**SOURCE MATERIAL**

########

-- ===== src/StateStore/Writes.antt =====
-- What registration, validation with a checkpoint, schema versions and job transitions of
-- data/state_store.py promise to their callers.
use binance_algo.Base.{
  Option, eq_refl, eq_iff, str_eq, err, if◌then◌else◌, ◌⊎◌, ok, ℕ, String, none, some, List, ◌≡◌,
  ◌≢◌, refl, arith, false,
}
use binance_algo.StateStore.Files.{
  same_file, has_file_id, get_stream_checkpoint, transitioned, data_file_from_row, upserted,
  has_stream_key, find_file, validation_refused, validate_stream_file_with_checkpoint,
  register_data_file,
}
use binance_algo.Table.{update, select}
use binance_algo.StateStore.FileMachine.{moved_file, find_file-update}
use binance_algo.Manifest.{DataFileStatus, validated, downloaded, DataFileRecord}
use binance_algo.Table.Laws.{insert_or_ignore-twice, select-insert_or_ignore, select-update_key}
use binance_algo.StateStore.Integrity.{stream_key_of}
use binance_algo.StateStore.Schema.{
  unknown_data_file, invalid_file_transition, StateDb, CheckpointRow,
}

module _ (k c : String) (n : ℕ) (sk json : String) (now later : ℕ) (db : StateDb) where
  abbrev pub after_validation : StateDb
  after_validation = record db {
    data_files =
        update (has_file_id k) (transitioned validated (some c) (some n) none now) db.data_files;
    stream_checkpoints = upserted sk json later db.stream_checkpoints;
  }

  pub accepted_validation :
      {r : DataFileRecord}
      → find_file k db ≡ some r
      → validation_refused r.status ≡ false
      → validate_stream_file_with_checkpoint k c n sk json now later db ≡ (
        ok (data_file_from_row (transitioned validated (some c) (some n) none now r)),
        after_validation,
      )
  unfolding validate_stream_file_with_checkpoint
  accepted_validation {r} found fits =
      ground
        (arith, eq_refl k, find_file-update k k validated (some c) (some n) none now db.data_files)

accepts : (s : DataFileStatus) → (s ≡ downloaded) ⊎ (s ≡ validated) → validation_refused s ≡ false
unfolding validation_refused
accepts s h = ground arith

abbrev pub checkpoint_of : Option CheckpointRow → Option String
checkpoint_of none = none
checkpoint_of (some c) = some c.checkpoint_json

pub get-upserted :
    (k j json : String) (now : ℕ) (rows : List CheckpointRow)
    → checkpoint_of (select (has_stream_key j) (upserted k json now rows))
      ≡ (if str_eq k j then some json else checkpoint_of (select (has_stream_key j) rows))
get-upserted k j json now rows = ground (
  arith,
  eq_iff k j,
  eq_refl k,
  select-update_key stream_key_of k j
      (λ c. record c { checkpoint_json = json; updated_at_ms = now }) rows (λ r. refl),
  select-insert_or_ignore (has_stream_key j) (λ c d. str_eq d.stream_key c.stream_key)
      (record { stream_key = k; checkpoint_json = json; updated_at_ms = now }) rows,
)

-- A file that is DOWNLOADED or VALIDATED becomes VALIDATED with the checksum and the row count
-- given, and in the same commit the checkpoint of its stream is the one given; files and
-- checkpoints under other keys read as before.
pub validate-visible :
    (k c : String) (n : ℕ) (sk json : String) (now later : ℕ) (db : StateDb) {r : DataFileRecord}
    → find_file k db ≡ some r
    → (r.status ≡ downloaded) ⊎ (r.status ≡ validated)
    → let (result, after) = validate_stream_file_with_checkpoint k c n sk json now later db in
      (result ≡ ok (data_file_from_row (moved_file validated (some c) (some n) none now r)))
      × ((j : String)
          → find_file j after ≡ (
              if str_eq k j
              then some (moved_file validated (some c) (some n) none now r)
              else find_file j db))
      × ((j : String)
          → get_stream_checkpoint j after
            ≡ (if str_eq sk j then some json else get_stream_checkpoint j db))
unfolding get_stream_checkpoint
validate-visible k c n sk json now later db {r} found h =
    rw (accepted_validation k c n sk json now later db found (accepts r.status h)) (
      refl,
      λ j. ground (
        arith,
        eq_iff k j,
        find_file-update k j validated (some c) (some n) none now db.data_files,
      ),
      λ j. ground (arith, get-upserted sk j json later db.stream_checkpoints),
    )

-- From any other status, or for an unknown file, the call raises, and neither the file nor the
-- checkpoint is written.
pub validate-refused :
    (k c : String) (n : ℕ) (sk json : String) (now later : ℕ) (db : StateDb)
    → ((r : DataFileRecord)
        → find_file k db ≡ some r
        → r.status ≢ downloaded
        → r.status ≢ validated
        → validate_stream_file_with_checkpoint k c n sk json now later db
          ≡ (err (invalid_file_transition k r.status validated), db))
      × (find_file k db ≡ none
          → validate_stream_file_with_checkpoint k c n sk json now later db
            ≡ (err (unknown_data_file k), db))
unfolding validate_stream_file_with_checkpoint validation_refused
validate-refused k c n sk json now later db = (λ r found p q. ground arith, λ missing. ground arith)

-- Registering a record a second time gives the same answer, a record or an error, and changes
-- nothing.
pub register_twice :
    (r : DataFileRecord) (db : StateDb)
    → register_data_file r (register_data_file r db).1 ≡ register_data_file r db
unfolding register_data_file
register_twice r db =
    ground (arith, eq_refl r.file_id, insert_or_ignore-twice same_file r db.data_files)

########

**PROBLEM REQUIREMENTS**
Only one stretch of the data above is needed. Restate it word for word, from the line containing "r.status ≡ false" through the line containing "-- given, and", both ends included.

**SOLUTION**
      → validation_refused r.status ≡ false
      → validate_stream_file_with_checkpoint k c n sk json now later db ≡ (
        ok (data_file_from_row (transitioned validated (some c) (some n) none now r)),
        after_validation,
      )
  unfolding validate_stream_file_with_checkpoint
  accepted_validation {r} found fits =
      ground
        (arith, eq_refl k, find_file-update k k validated (some c) (some n) none now db.data_files)

accepts : (s : DataFileStatus) → (s ≡ downloaded) ⊎ (s ≡ validated) → validation_refused s ≡ false
unfolding validation_refused
accepts s h = ground arith

abbrev pub checkpoint_of : Option CheckpointRow → Option String
checkpoint_of none = none
checkpoint_of (some c) = some c.checkpoint_json

pub get-upserted :
    (k j json : String) (now : ℕ) (rows : List CheckpointRow)
    → checkpoint_of (select (has_stream_key j) (upserted k json now rows))
      ≡ (if str_eq k j then some json else checkpoint_of (select (has_stream_key j) rows))
get-upserted k j json now rows = ground (
  arith,
  eq_iff k j,
  eq_refl k,
  select-update_key stream_key_of k j
      (λ c. record c { checkpoint_json = json; updated_at_ms = now }) rows (λ r. refl),
  select-insert_or_ignore (has_stream_key j) (λ c d. str_eq d.stream_key c.stream_key)
      (record { stream_key = k; checkpoint_json = json; updated_at_ms = now }) rows,
)

-- A file that is DOWNLOADED or VALIDATED becomes VALIDATED with the checksum and the row count
-- given, and in the same commit the checkpoint of its stream is the one given; files and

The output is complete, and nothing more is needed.